Just recently I heard that quote again: “No, I don’t connect with my colleagues on facebook. facebook is for my private endeavours.”

Vice versa is heard as well sometimes, when people complain about my fb-feed being mingled with boring IT posts from twitter (“I don’t understand that, I just scroll over it.”).

Appreciated and respected, folks.

Why then am I still convinced that maintaining just 1 single profile is the better way of making myself seen online. I could well split up the fully automated fb-twitter connect. I could make dedicated use of the #fb tag in twitter to specifically decide what to push over to fb. I’m online enough to even post completely seperatly in the various medias (and the apps supporting it are convenient enough to do so).

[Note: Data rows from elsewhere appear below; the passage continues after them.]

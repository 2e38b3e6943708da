-- ===== src/MeshManager/Amounts.antt =====
-- The number of indices of the tube of graphics/src/MeshManager.cc.
use ign_common.Common.{
  ℕ, zero, suc, ◌+◌, ◌*◌, ◌≤◌, ◌≡◌, refl, true, false, arith, ◌==◌, ltb, if◌then◌else◌, length,
  length-append, inl, inr, Bool, Bool-cases,
}
use ign_common.Mesh.SubMesh.{Geometry, SubMesh, add_vertex, add_normal, add_tex_coord_uv, add_index}
use ign_common.MeshManager.Strips.{
  Floats, Strip, rounds, add_triangle, add_point, new_strip, ring_z,
}
use ign_common.MeshManager.Cones.{
  tube_side, tube_top, tube_bottom, tube_vertex, outer_point, inner_point, close_ends, at_least_one,
  at_least_three, tube_part,
}
use ign_common.MeshManager.Built.{mono}

at_least_three-four : (n : ℕ) → 4 ≤ at_least_three n + 1
unfolding at_least_three
at_least_three-four n = ground arith

-- Rounds that each add no more than an amount.
rounds-bounded :
    {S : Type 0} (size : S → ℕ) (f : ℕ → S → S) (c n i : ℕ) (s : S)
    → ((k : ℕ) (t : S) → size (f k t) ≤ size t + c)
    → size (rounds f n i s) ≤ size s + n * c
unfolding rounds
rounds-bounded size f c zero i s k = omega arith
rounds-bounded size f c (suc n) i s k =
    omega (arith, rounds-bounded size f c n (suc i) (f i s) k, k i s)

module _ (g : Geometry) (fl : Floats g) where
  abbrev amount : SubMesh g → ℕ
  amount s = length s.indices

  triangle-amount : (i j k : ℕ) (s : SubMesh g) → amount (add_triangle g i j k s) ≡ amount s + 3
  unfolding add_triangle add_index
  triangle-amount i j k s = rw (length-append, length-append, length-append) (omega arith)

  either-amount :
      (b : Bool) (x y s : SubMesh g) (c : ℕ)
      → amount x ≤ amount s + c
      → amount y ≤ amount s + c
      → amount (if b then x else y) ≤ amount s + c
  either-amount true x y s c h k = h
  either-amount false x y s c h k = k

  two_triangles :
      (i j k a b c : ℕ) (s : SubMesh g)
      → amount (add_triangle g i j k (add_triangle g a b c s)) ≤ amount s + 6
  two_triangles i j k a b c s =
      omega (arith, triangle-amount i j k (add_triangle g a b c s), triangle-amount a b c s)

  tube_side-amount :
      (segments seg v : ℕ) (s : SubMesh g) → amount (tube_side g fl segments seg v s) ≤ amount s + 6
  unfolding tube_side
  tube_side-amount segments seg v s =
      let w = v + segments in
      let first = add_triangle g (w + 1) v w s in
      let t = if seg == 0 then s else first in
      let p : amount t ≤ amount s + 3 =
        either-amount (seg == 0) s first s 3 (omega arith)
          (omega (arith, triangle-amount (w + 1) v w s)) in
      either-amount (seg == segments) t (add_triangle g (w + 1) (v + 1) v t) s 6 (omega arith)
        (omega (arith, triangle-amount (w + 1) (v + 1) v t))

  tube_top-amount :
      (segments seg v : ℕ) (s : SubMesh g) → amount (tube_top g fl segments seg v s) ≤ amount s + 6
  unfolding tube_top
  tube_top-amount segments seg v s =
      either-amount (seg == segments) s _ s 6 (omega arith) (two_triangles _ _ _ _ _ _ s)

  tube_bottom-amount :
      (rings segments seg v : ℕ) (s : SubMesh g)
      → amount (tube_bottom g fl rings segments seg v s) ≤ amount s + 6
  unfolding tube_bottom
  tube_bottom-amount rings segments seg v s =
      either-amount (ltb seg segments) _ s s 6 (two_triangles _ _ _ _ _ _ s) (omega arith)

  tube_vertex-amount :
      (arc radius at_z : g.Real) (rings segments ring seg : ℕ) (s : SubMesh g)
      → amount (tube_vertex g fl arc radius at_z rings segments ring seg s) ≡ amount s
  unfolding tube_vertex add_point add_vertex add_normal add_tex_coord_uv
  tube_vertex-amount arc radius at_z rings segments ring seg s = refl

  outer_point-amount :
      (arc radius height : g.Real) (rings segments ring seg : ℕ) (st : Strip g)
      → amount (outer_point g fl arc radius height rings segments ring seg st).part
        ≤ amount st.part + 12
  unfolding outer_point
  outer_point-amount arc radius height rings segments ring seg st =
      let v = st.vertice_index in
      let at_z = ring_z g fl height rings ring in
      let s = tube_vertex g fl arc radius at_z rings segments ring seg st.part in
      let top = tube_top g fl segments seg v s in
      let side = tube_side g fl segments seg v s in
      let t = if ring == rings then top else side in
      let p =
        either-amount (ring == rings) top side s 6 (tube_top-amount segments seg v s)
          (tube_side-amount segments seg v s) in
      let q = tube_bottom-amount rings segments seg v t in
      let r =
        either-amount (ring == 0) (tube_bottom g fl rings segments seg v t) t s 12
          (omega (arith, p, q)) (omega (arith, p)) in
      omega (arith, r, tube_vertex-amount arc radius at_z rings segments ring seg st.part)

  inner_point-amount :
      (arc radius height : g.Real) (rings segments ring seg : ℕ) (st : Strip g)
      → amount (inner_point g fl arc radius height rings segments ring seg st).part
        ≤ amount st.part + 6
  unfolding inner_point
  inner_point-amount arc radius height rings segments ring seg st =
      let at_z =
        g.sub (g.div height (g.number 2))
          (fl.fdiv (fl.fmul (g.number ring) height) (g.number rings)) in
      let s = tube_vertex g fl arc radius at_z rings segments ring seg st.part in
      let r =
        either-amount (ring == rings) s (tube_side g fl segments seg st.vertice_index s) s 6
          (omega arith) (tube_side-amount segments seg st.vertice_index s) in
      omega (arith, r, tube_vertex-amount arc radius at_z rings segments ring seg st.part)

  close_ends-amount :
      (rings segments ring : ℕ) (s : SubMesh g)
      → amount (close_ends g fl rings segments ring s) ≤ amount s + 12
  unfolding close_ends
  close_ends-amount rings segments ring s =
      rw (triangle-amount, triangle-amount, triangle-amount, triangle-amount) (omega arith)

  -- CreateTube adds no more than 21 indices for each vertex of one of its two grids.
  pub tube_part-amount :
      (inner_radius outer_radius height : g.Real) (rings segments : ℕ) (arc : g.Real)
      → amount (tube_part g fl inner_radius outer_radius height rings segments arc)
        ≤ 21 * ((at_least_one rings + 1) * (at_least_three segments + 1))
  unfolding tube_part
  tube_part-amount inner_radius outer_radius height rings_ segments_ arc =
      let rings = at_least_one rings_ in
      let segments = at_least_three segments_ in
      let t = segments + 1 in
      let size : Strip g → ℕ = λ st. amount st.part in
      let outer_row = outer_point g fl arc outer_radius height rings segments in
      let inner_row = inner_point g fl arc inner_radius height rings segments in
      let outer = rounds (λ ring st. rounds (outer_row ring) t 0 st) (rings + 1) 0 (new_strip g) in
      let inner = rounds (λ ring st. rounds (inner_row ring) t 0 st) (rings + 1) 0 outer in
      let a =
        rounds-bounded size (λ ring st. rounds (outer_row ring) t 0 st) (t * 12) (rings + 1) 0
          (new_strip g)
          (λ k u.
            rounds-bounded size (outer_row k) 12 t 0 u
              (λ j w. outer_point-amount arc outer_radius height rings segments k j w)) in
      let b =
        rounds-bounded size (λ ring st. rounds (inner_row ring) t 0 st) (t * 6) (rings + 1) 0 outer
          (λ k u.
            rounds-bounded size (inner_row k) 6 t 0 u
              (λ j w. inner_point-amount arc inner_radius height rings segments k j w)) in
      let c =
        rounds-bounded amount (close_ends g fl rings segments) 12 rings 0 inner.part
          (λ k u. close_ends-amount rings segments k u) in
      let four = mono 4 t (rings + 1) (at_least_three-four segments_) in
      elim (Bool-cases (fl.is_full_turn arc)) [
        | inl e ↦ rw e (omega arith)
        | inr e ↦ rw e (omega arith)
      ]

So, here’s my 5 reasons why I don’t:

  1. My employer/customer may (should) get the full picture. Be it whilst looking for a new job or within an existing employment, I am convinced that it is beneficial for the company’s culture if people offer their complete “self”, if they do offer any such information on the net. If you intend to create a true colleagueship culture in your enterprise you’re doing better in encouraging your people to just show what they are (baring in mind that showing off in the net means of course always to consider carefully what you show anyway). But hiding certain aspects from your fellow colleagues that you show¬† – well – the NSA (in a way) just doesn’t make sense to me. The same – BTW – applies for your customers in case you’re running the company: why shouldn’t your customers know whom they’re engaging with?
  2. I wanna know what my friends do for a living.
    Consider going out with your friends: Is talking about what you do for a living a tabu? Wouldn’t you chat about your latest achievements, your most beautiful line of code, your latest plenary presentation received with awe by the audience. Why shouldn’t my friends know that I like what I do?
  3. Splitting posts causes too much time.
    I’m a lazy guy. Tasks I can avoid, I will avoid. Considering whether some nice piece that I wanna share may go to one or the other account (to the private or to the open, to the technical or to the musical, e.g., …) is just too cumbersome and effort consuming to do it. As simple as that.
  4. I disbelieve that literally everything within or coming from a person’s employing company is great (even if it’s my own).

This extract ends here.